-- What you will do --
The answer must consist of each line of the records below that contains the string "ground".

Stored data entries
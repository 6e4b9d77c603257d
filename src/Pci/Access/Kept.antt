-- ===== src/Pci/Access/Kept.antt =====
-- What stays true of the configuration space whatever a host writes.
use praid.Common.{
  ℕ, zero, suc, ◌+◌, ◌-◌, ◌*◌, ◌/◌, ◌%◌, ◌^◌, ◌<◌, ◌≤◌, ◌≡◌, ◌≢◌, ◌⊎◌, refl, sym, ap, ◌∙◌, arith,
  Bool, Bool-cases, inl, inr, true, ◌&&◌, ◌||◌, not, leb, ltb, ◌==◌, List, [], ◌∷◌,
}
use praid.Common.Digits.{bit, bit-zero, eq_of_bits}
use praid.Device.Word.{IsBytes}
use praid.Pci.Space.{bit-byte, store_bytes-IsBytes}
use praid.Pci.Field.{set_field-IsBytes}
use praid.Pci.Layout.{pcihdr}
use praid.Pci.Access.{PciSpace, mask_of, write_flags, pciev_pci_write}
use praid.Pci.Access.Digits.{pciev_pci_write-digit, pciev_pci_write-outside}

-- A write of a host, of at most four bytes.
pub record HostWrite : Type 0 where
  pub devfn : ℕ
  pub offs : ℕ
  pub size : ℕ
  pub value : ℕ

abbrev pub IsFit : HostWrite → Type 0
IsFit w = (w.size ≤ 4) × (w.value < 256 ^ w.size)

abbrev pub AllFit : List HostWrite → Type 0
AllFit [] = Unit
AllFit (w ∷ ws) = IsFit w × AllFit ws

unfoldable pub host_writes : PciSpace → List HostWrite → PciSpace
host_writes s [] = s
host_writes s (w ∷ ws) = host_writes (pciev_pci_write s w.devfn w.offs w.size w.value) ws

-- The bytes of the header but for the second one of the command, the status, the self test, the
-- upper three of the base address and the interrupt line.
abbrev pub read_only : ℕ → Bool
read_only a =
    ltb a 0x40
    && not (
        a == 0x05
        || a == 0x06
        || a == 0x07
        || a == 0x0f
        || a == 0x11
        || a == 0x12
        || a == 0x13
        || a == 0x3c)

mask_byte-read_only :
    (offs i : ℕ) → i < 4 → read_only (offs + i) ≡ true → mask_of offs / 256 ^ i % 256 ≡ 0
unfolding mask_of
mask_byte-read_only offs zero h r = ground arith
mask_byte-read_only offs (suc zero) h r = ground arith
mask_byte-read_only offs (suc (suc zero)) h r = ground arith
mask_byte-read_only offs (suc (suc (suc zero))) h r = ground arith
mask_byte-read_only offs (suc (suc (suc (suc i)))) h r = absurd (omega arith)

-- No digit of such a byte stands in the mask of a write.
mask-read_only :
    (offs i j : ℕ)
    → i < 4
    → j < 8
    → read_only (offs + i) ≡ true
    → bit (mask_of offs) (8 * i + j) ≡ 0
mask-read_only offs i j h lt r =
    sym (bit-byte i (mask_of offs) j lt)
    ∙ ap (λ (b : ℕ). bit b j) (mask_byte-read_only offs i h r)
    ∙ bit-zero j

-- A digit that the mask leaves alone is kept, wherever the write begins.
pub kept_digit :
    (s : PciSpace) (w : HostWrite) (a j : ℕ)
    → IsBytes s.virt_dev
    → w.size ≤ 4
    → j < 8
    → (a ≢ 6) ⊎ (j ≢ 3)
    → ((i : ℕ) → i < w.size → w.offs + i ≡ a → bit (mask_of w.offs) (8 * i + j) ≡ 0)
    → bit ((pciev_pci_write s w.devfn w.offs w.size w.value).virt_dev a) j ≡ bit (s.virt_dev a) j
kept_digit s w a j bytes few lt free masked =
    elim (Bool-cases (leb w.offs a && ltb a (w.offs + w.size))) [
      | inl inside ↦
          let i : ℕ = a - w.offs in
          let place : w.offs + i ≡ a = ground (arith, inside) in
          let short : i < w.size = ground (arith, inside) in
          let digit =
            pciev_pci_write-digit s w.devfn w.offs w.size w.value i j bytes few short lt in
          let zero' = masked i short place in rw (zero', place) at digit
      | inr outside ↦ pciev_pci_write-outside s w.devfn w.offs w.size w.value a j outside free lt
    ]

flags-IsBytes :
    (s : PciSpace) (offs val new : ℕ)
    → IsBytes s.virt_dev
    → IsBytes (write_flags s offs val new).virt_dev
unfolding write_flags
flags-IsBytes s offs val new bytes a =
    ground (arith, bytes a, set_field-IsBytes (pcihdr 2 1) 0 s.virt_dev a)

pub write-IsBytes :
    (s : PciSpace) (devfn offs size new : ℕ)
    → IsBytes s.virt_dev
    → IsBytes (pciev_pci_write s devfn offs size new).virt_dev
unfolding pciev_pci_write
write-IsBytes s devfn offs size new bytes =
    store_bytes-IsBytes size offs _ _ (flags-IsBytes s offs _ new bytes)

write-read_only :
    (s : PciSpace) (w : HostWrite) (a : ℕ)
    → IsBytes s.virt_dev
    → w.size ≤ 4
    → read_only a ≡ true
    → (pciev_pci_write s w.devfn w.offs w.size w.value).virt_dev a ≡ s.virt_dev a
write-read_only s w a bytes few r =
    eq_of_bits 8 _ _ (write-IsBytes s w.devfn w.offs w.size w.value bytes a) (bytes a) (λ j lt.
      kept_digit s w a j bytes few lt (inl (λ six. ground (arith, six)))
        (λ i short place. mask-read_only w.offs i j (omega arith) lt (rw place r)))

-- Whatever a host writes, in accesses of at most four bytes, the bytes of the header but those
-- with a writable digit stay as they are: the identity of the device and its class, the lower
-- byte of the base address and the pointer to the capabilities among them.
pub host_writes-read_only :
    (s : PciSpace) (ws : List HostWrite) (a : ℕ)
    → IsBytes s.virt_dev
    → AllFit ws
    → read_only a ≡ true
    → (host_writes s ws).virt_dev a ≡ s.virt_dev a
unfolding host_writes
host_writes-read_only s [] a bytes fit r = refl
host_writes-read_only s (w ∷ ws) a bytes (fit, later) r =
    let s' = pciev_pci_write s w.devfn w.offs w.size w.value in
    host_writes-read_only s' ws a (write-IsBytes s w.devfn w.offs w.size w.value bytes) later r
    ∙ write-read_only s w a bytes fit.0 r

-- Finished exercise --
mask_byte-read_only offs zero h r = ground arith
mask_byte-read_only offs (suc zero) h r = ground arith
mask_byte-read_only offs (suc (suc zero)) h r = ground arith
mask_byte-read_only offs (suc (suc (suc zero))) h r = ground arith
          let place : w.offs + i ≡ a = ground (arith, inside) in
          let short : i < w.size = ground (arith, inside) in
    ground (arith, bytes a, set_field-IsBytes (pcihdr 2 1) 0 s.virt_dev a)
      kept_digit s w a j bytes few lt (inl (λ six. ground (arith, six)))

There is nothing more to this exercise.